**PROBLEM TO SOLVE**
Pull every line containing the word "when" out of the material below.

**RECORDS FOR THE TASK**

-- ===== src/Store/Lease.antt =====
-- control/sjg_control/store.py: leasing a delivery, running it, and its outcomes.
use scrum_jail_governance_pl.Base.{
  ◌+◌, String, ◌==◌, Bool, true, false, not, ◌&&◌, ◌||◌, Option, none, some, List, [], ◌∷◌, map,
  if◌then◌else◌, eqb, is_empty, is_text, text_leb, text_ltb, ℤ, not_positive, at_least,
}
use scrum_jail_governance_pl.Base.Table.{select, count, update, filter}
use scrum_jail_governance_pl.Store.Schema.{Store, Delivery, DeliveryState, RouteState}
use scrum_jail_governance_pl.Store.Action.{
  Action, Done, state_error, ◌>>=◌, ◌>>◌, pure, raise_if, gets, modify, immediate,
}
use scrum_jail_governance_pl.Store.Delivery.{by_delivery, set_delivery, set_routes}

-- state IN ('queued','retry_wait')
abbrev pub is_waiting : DeliveryState → Bool
is_waiting DeliveryState.queued = true
is_waiting DeliveryState.retry_wait = true
is_waiting _ = false

abbrev pub is_leased : DeliveryState → Bool
is_leased DeliveryState.leased = true
is_leased _ = false

abbrev pub is_running : DeliveryState → Bool
is_running DeliveryState.running = true
is_running _ = false

-- state IN ('leased','running')
abbrev pub is_in_hand : DeliveryState → Bool
is_in_hand state = is_leased state || is_running state

abbrev pub is_budget_held : DeliveryState → Bool
is_budget_held DeliveryState.budget_hold = true
is_budget_held _ = false

-- lease_until<=?, false on NULL
abbrev pub lease_over : String → Delivery → Bool
lease_over timestamp row = elim row.lease_until [
  | none ↦ false
  | some lease_until ↦ text_leb lease_until timestamp
]

-- lease_until>?, false on NULL
abbrev pub lease_lasts : String → Delivery → Bool
lease_lasts timestamp row = elim row.lease_until [
  | none ↦ false
  | some lease_until ↦ text_ltb timestamp lease_until
]

abbrev pub drop_lease : DeliveryState → Option String → Delivery → Delivery
drop_lease state error row = record row {
  state = state;
  last_error = error;
  lease_owner = none;
  lease_until = none;
}

abbrev pub ids : (Delivery → Bool) → Store → List String
ids p s = map (λ row. row.delivery_id) (filter p s.deliveries)

-- A running delivery whose lease is over becomes uncertain, and its routes go to a human.
abbrev pub quarantine : String → Store → Store
quarantine delivery_id s =
    set_routes delivery_id RouteState.manual_review (
      set_delivery delivery_id (drop_lease DeliveryState.uncertain (some "running lease expired"))
        s)

abbrev pub bury : String → Store → Store
bury delivery_id s = set_routes delivery_id RouteState.dead_letter (
    set_delivery delivery_id
      (λ row. record row {
        state = DeliveryState.dead_letter;
        last_error = some "retry ceiling reached";
      })
      s)

-- `for delivery_id in ids`
unfoldable pub for_each : (String → Store → Store) → List String → Store → Store
for_each step [] s = s
for_each step (id ∷ rest) s = for_each step rest (step id s)

-- The one statement that gives up leases that were never run.
abbrev pub expire_leased : String → Store → Store
expire_leased timestamp s = record s {
  deliveries =
      update (λ row. is_leased row.state && lease_over timestamp row)
        (drop_lease DeliveryState.retry_wait (some "lease expired")) s.deliveries;
}

-- ORDER BY eligible_at,delivery_id
abbrev pub before : Delivery → Delivery → Bool
before a b =
    text_ltb a.eligible_at b.eligible_at
    || (a.eligible_at == b.eligible_at && text_leb a.delivery_id b.delivery_id)

abbrev pub sooner : Delivery → Option Delivery → Option Delivery
sooner a none = some a
sooner a (some b) = if before a b then some a else some b

-- LIMIT 1
unfoldable pub earliest : List Delivery → Option Delivery
earliest [] = none
earliest (row ∷ rows) = sooner row (earliest rows)

abbrev pub is_eligible : String → Delivery → Bool
is_eligible timestamp row = is_waiting row.state && text_leb row.eligible_at timestamp

-- The first half of `lease_delivery`: what time has ended.
unfoldable pub sweep : String → ℤ → Store → Store
unfolding for_each
sweep timestamp max_attempts s =
    let expired_running = ids (λ row. is_running row.state && lease_over timestamp row) s in
    let s1 = expire_leased timestamp (for_each quarantine expired_running s) in
    let exhausted = ids (λ row. is_waiting row.state && at_least row.attempt max_attempts) s1 in
    for_each bury exhausted s1

abbrev pub take_lease : String → String → Delivery → Delivery
take_lease owner lease_until row = record row {
  state = DeliveryState.leased;
  attempt = row.attempt + 1;
  lease_owner = some owner;
  lease_until = some lease_until;
}

-- The second half: the row that was chosen becomes leased, and is read back.
unfoldable pub grant : String → String → Option Delivery → Action (Option Delivery)
grant owner lease_until none = pure none
grant owner lease_until (some row) = do
  rows ← gets (λ s. count (λ d. by_delivery row.delivery_id d && is_waiting d.state) s.deliveries)
  modify (λ s. record s {
    deliveries =
        update (λ d. by_delivery row.delivery_id d && is_waiting d.state)
          (take_lease owner lease_until) s.deliveries;
  })
  raise_if (not (eqb rows 1)) (state_error "delivery lease race")
  modify (set_routes row.delivery_id RouteState.leased)
  gets (λ s. select (by_delivery row.delivery_id) s.deliveries)

-- `timestamp` is the text of `now`, and `lease_until` that of `now + lease_seconds`.
unfoldable pub lease_delivery : String → String → String → ℤ → ℤ → Action (Option Delivery)
unfolding sweep earliest grant
lease_delivery owner timestamp lease_until lease_seconds max_attempts = do
  raise_if (is_empty owner || not_positive lease_seconds || not_positive max_attempts)
      (state_error "delivery lease requires an owner and positive limits")
  immediate (do
    modify (sweep timestamp max_attempts)
    row ← gets (λ s. earliest (filter (is_eligible timestamp) s.deliveries))
    grant owner lease_until row)

abbrev pub startable : String → String → String → Delivery → Bool
startable delivery_id owner timestamp row =
    by_delivery delivery_id row
    && is_leased row.state
    && is_text row.lease_owner owner
    && lease_lasts timestamp row

unfoldable pub start_delivery : String → String → String → Action Done
start_delivery delivery_id owner timestamp = do
  rows ← gets (λ s. count (startable delivery_id owner timestamp) s.deliveries)
  modify (λ s. record s {
    deliveries =
        update (startable delivery_id owner timestamp)
          (λ row. record row { state = DeliveryState.running }) s.deliveries;
  })
  raise_if (not (eqb rows 1)) (state_error "delivery lease is absent, expired, or owned elsewhere")
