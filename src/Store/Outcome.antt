-- ===== src/Store/Outcome.antt =====
-- control/sjg_control/store.py: how a delivery ends, is held back, or is given up.
use scrum_jail_governance_pl.Base.{
  ℕ, ◌-◌, String, Bool, true, false, not, ◌&&◌, ◌||◌, Option, none, some, if◌then◌else◌, eqb,
  or_else, is_text,
}
use scrum_jail_governance_pl.Base.Table.{select, count, update}
use scrum_jail_governance_pl.Store.Schema.{Delivery, DeliveryState, RouteState}
use scrum_jail_governance_pl.Store.Action.{
  Action, Done, state_error, ◌>>=◌, ◌>>◌, raise_if, gets, modify, or_raise, immediate,
}
use scrum_jail_governance_pl.Store.Delivery.{by_delivery, set_delivery, set_routes}
use scrum_jail_governance_pl.Store.Lease.{is_leased, is_in_hand, is_budget_held, drop_lease}
use Prim.Native.String.{◌++◌}

-- The keys of `targets` in `finish_delivery`; any other text is `unknown`.
pub data Outcome : Type 0 where
  succeeded retry budget_hold dead_letter uncertain : Outcome
  unknown : String → Outcome

abbrev pub is_unknown : Outcome → Bool
is_unknown (Outcome.unknown text) = true
is_unknown _ = false

abbrev outcome_text : Outcome → String
outcome_text Outcome.succeeded = "succeeded"
outcome_text Outcome.retry = "retry"
outcome_text Outcome.budget_hold = "budget_hold"
outcome_text Outcome.dead_letter = "dead_letter"
outcome_text Outcome.uncertain = "uncertain"
outcome_text (Outcome.unknown text) = text

abbrev in_hand_text : DeliveryState → String
in_hand_text DeliveryState.leased = "leased"
in_hand_text _ = "running"

-- The texts of the two refusals.
abbrev invalid_text : Outcome → String
invalid_text outcome = "invalid delivery outcome: " ++ outcome_text outcome

abbrev unsafe_text : DeliveryState → Outcome → String
unsafe_text state outcome =
    "delivery outcome '" ++ (outcome_text outcome ++ ("' is unsafe from " ++ in_hand_text state))

-- The table `targets`; the guard keeps `unknown` away from it.
abbrev pub delivery_target : Outcome → DeliveryState
delivery_target Outcome.succeeded = DeliveryState.succeeded
delivery_target Outcome.retry = DeliveryState.retry_wait
delivery_target Outcome.budget_hold = DeliveryState.budget_hold
delivery_target Outcome.dead_letter = DeliveryState.dead_letter
delivery_target _ = DeliveryState.uncertain

abbrev pub route_target : Outcome → RouteState
route_target Outcome.succeeded = RouteState.delivered
route_target Outcome.retry = RouteState.queued
route_target Outcome.budget_hold = RouteState.queued
route_target Outcome.dead_letter = RouteState.dead_letter
route_target _ = RouteState.manual_review

-- The set `allowed`, by the state that the delivery is in.
abbrev pub is_allowed : DeliveryState → Outcome → Bool
is_allowed DeliveryState.leased Outcome.retry = true
is_allowed DeliveryState.leased Outcome.budget_hold = true
is_allowed DeliveryState.leased Outcome.dead_letter = true
is_allowed DeliveryState.leased Outcome.uncertain = true
is_allowed DeliveryState.leased _ = false
is_allowed _ Outcome.succeeded = true
is_allowed _ Outcome.dead_letter = true
is_allowed _ Outcome.uncertain = true
is_allowed _ _ = false

abbrev is_hold : Outcome → Bool
is_hold Outcome.budget_hold = true
is_hold _ = false

-- `attempt+?` with -1 for a budget hold of a leased delivery. A lease adds 1 to `attempt` first, so the
-- truncated subtraction is exact.
abbrev pub adjusted : DeliveryState → Outcome → ℕ → ℕ
adjusted state outcome attempt = if is_leased state && is_hold outcome then attempt - 1 else attempt

-- What the UPDATE makes of the delivery, found in `state`.
abbrev pub ended : DeliveryState → Outcome → Option String → String → Delivery → Delivery
ended state outcome error when row = record row {
  state = delivery_target outcome;
  eligible_at = when;
  lease_owner = none;
  lease_until = none;
  last_error = error;
  attempt = adjusted state outcome row.attempt;
}

unfoldable pub finish_delivery :
    String → String → Outcome → Option String → Option String → String → Action Done
finish_delivery delivery_id owner outcome error eligible_at now = do
  raise_if (is_unknown outcome) (state_error (invalid_text outcome))
  immediate (do
    row ←
        or_raise (← gets (λ s. select (by_delivery delivery_id) s.deliveries))
          (state_error "delivery is not held by this owner")
    raise_if (not (is_in_hand row.state) || not (is_text row.lease_owner owner))
        (state_error "delivery is not held by this owner")
    raise_if (not (is_allowed row.state outcome)) (state_error (unsafe_text row.state outcome))
    modify (set_delivery delivery_id (ended row.state outcome error (or_else eligible_at now)))
    modify (set_routes delivery_id (route_target outcome)))

abbrev pub held_delivery : String → Delivery → Bool
held_delivery delivery_id row = by_delivery delivery_id row && is_budget_held row.state

abbrev pub unheld : String → Delivery → Delivery
unheld when row = record row {
  state = DeliveryState.retry_wait;
  eligible_at = when;
  last_error = none;
}

unfoldable pub release_budget_hold : String → Option String → String → Action Done
release_budget_hold delivery_id eligible_at now = immediate (do
  rows ← gets (λ s. count (held_delivery delivery_id) s.deliveries)
  modify (λ s. record s {
    deliveries = update (held_delivery delivery_id) (unheld (or_else eligible_at now)) s.deliveries;
  })
  raise_if (not (eqb rows 1)) (state_error "delivery is not budget-held")
  modify (set_routes delivery_id RouteState.queued))

abbrev pub delivery_in_hand : String → Delivery → Bool
delivery_in_hand delivery_id row = by_delivery delivery_id row && is_in_hand row.state

unfoldable pub force_delivery_uncertain : String → String → Action Done
force_delivery_uncertain delivery_id error = immediate (do
  rows ← gets (λ s. count (delivery_in_hand delivery_id) s.deliveries)
  modify (λ s. record s {
    deliveries =
        update (delivery_in_hand delivery_id) (drop_lease DeliveryState.uncertain (some error))
          s.deliveries;
  })
  raise_if (not (eqb rows 1)) (state_error "delivery is absent or not active")
  modify (set_routes delivery_id RouteState.manual_review))
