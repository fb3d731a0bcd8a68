-- ===== src/Store/Dispatch.antt =====
-- The calls on deliveries of control/sjg_control/store.py, in any order: any scheduler, worker and
-- operator of them. The ceiling on attempts is one for all leases.
pub mod Effects
pub mod Machine
pub mod Keys
pub mod Sweep
pub mod Refinement
pub mod History
use scrum_jail_governance_pl.Base.{ℕ, String, Option, List, [], ◌∷◌, ℤ, pos}
use scrum_jail_governance_pl.Store.Schema.{Store}
use scrum_jail_governance_pl.Store.Action.{Result}
use scrum_jail_governance_pl.Store.Delivery.{add_route, enqueue_delivery}
use scrum_jail_governance_pl.Store.Lease.{lease_delivery, start_delivery}
use scrum_jail_governance_pl.Store.Outcome.{
  Outcome, finish_delivery, release_budget_hold, force_delivery_uncertain,
}

pub data Call : Type 0 where
  route : String → String → Call
  enqueue : String → List String → String → Option String → String → String → Call
  lease : String → String → String → ℤ → Call
  start : String → String → String → Call
  finish : String → String → Outcome → Option String → Option String → String → Call
  unhold : String → Option String → String → Call
  quarantine : String → String → Call

abbrev after : {A : Type 0} → Result A × Store → Store
after out = out.1

-- One call, its exception swallowed.
unfoldable pub perform : ℕ → Call → Store → Store
perform limit (route event_id role) s = after (add_route event_id role s)
perform limit (enqueue role event_ids key eligible_at fresh now) s =
    after (enqueue_delivery role event_ids key eligible_at fresh now s)
perform limit (lease owner timestamp lease_until seconds) s =
    after (lease_delivery owner timestamp lease_until seconds (pos limit) s)
perform limit (start delivery_id owner timestamp) s =
    after (start_delivery delivery_id owner timestamp s)
perform limit (finish delivery_id owner outcome error eligible_at now) s =
    after (finish_delivery delivery_id owner outcome error eligible_at now s)
perform limit (unhold delivery_id eligible_at now) s =
    after (release_budget_hold delivery_id eligible_at now s)
perform limit (quarantine delivery_id error) s =
    after (force_delivery_uncertain delivery_id error s)

unfoldable pub run : ℕ → List Call → Store → Store
run limit [] s = s
run limit (c ∷ cs) s = run limit cs (perform limit c s)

**FINAL ANSWER**
ended state outcome error when row = record row {
  eligible_at = when;
unheld when row = record row {
  eligible_at = when;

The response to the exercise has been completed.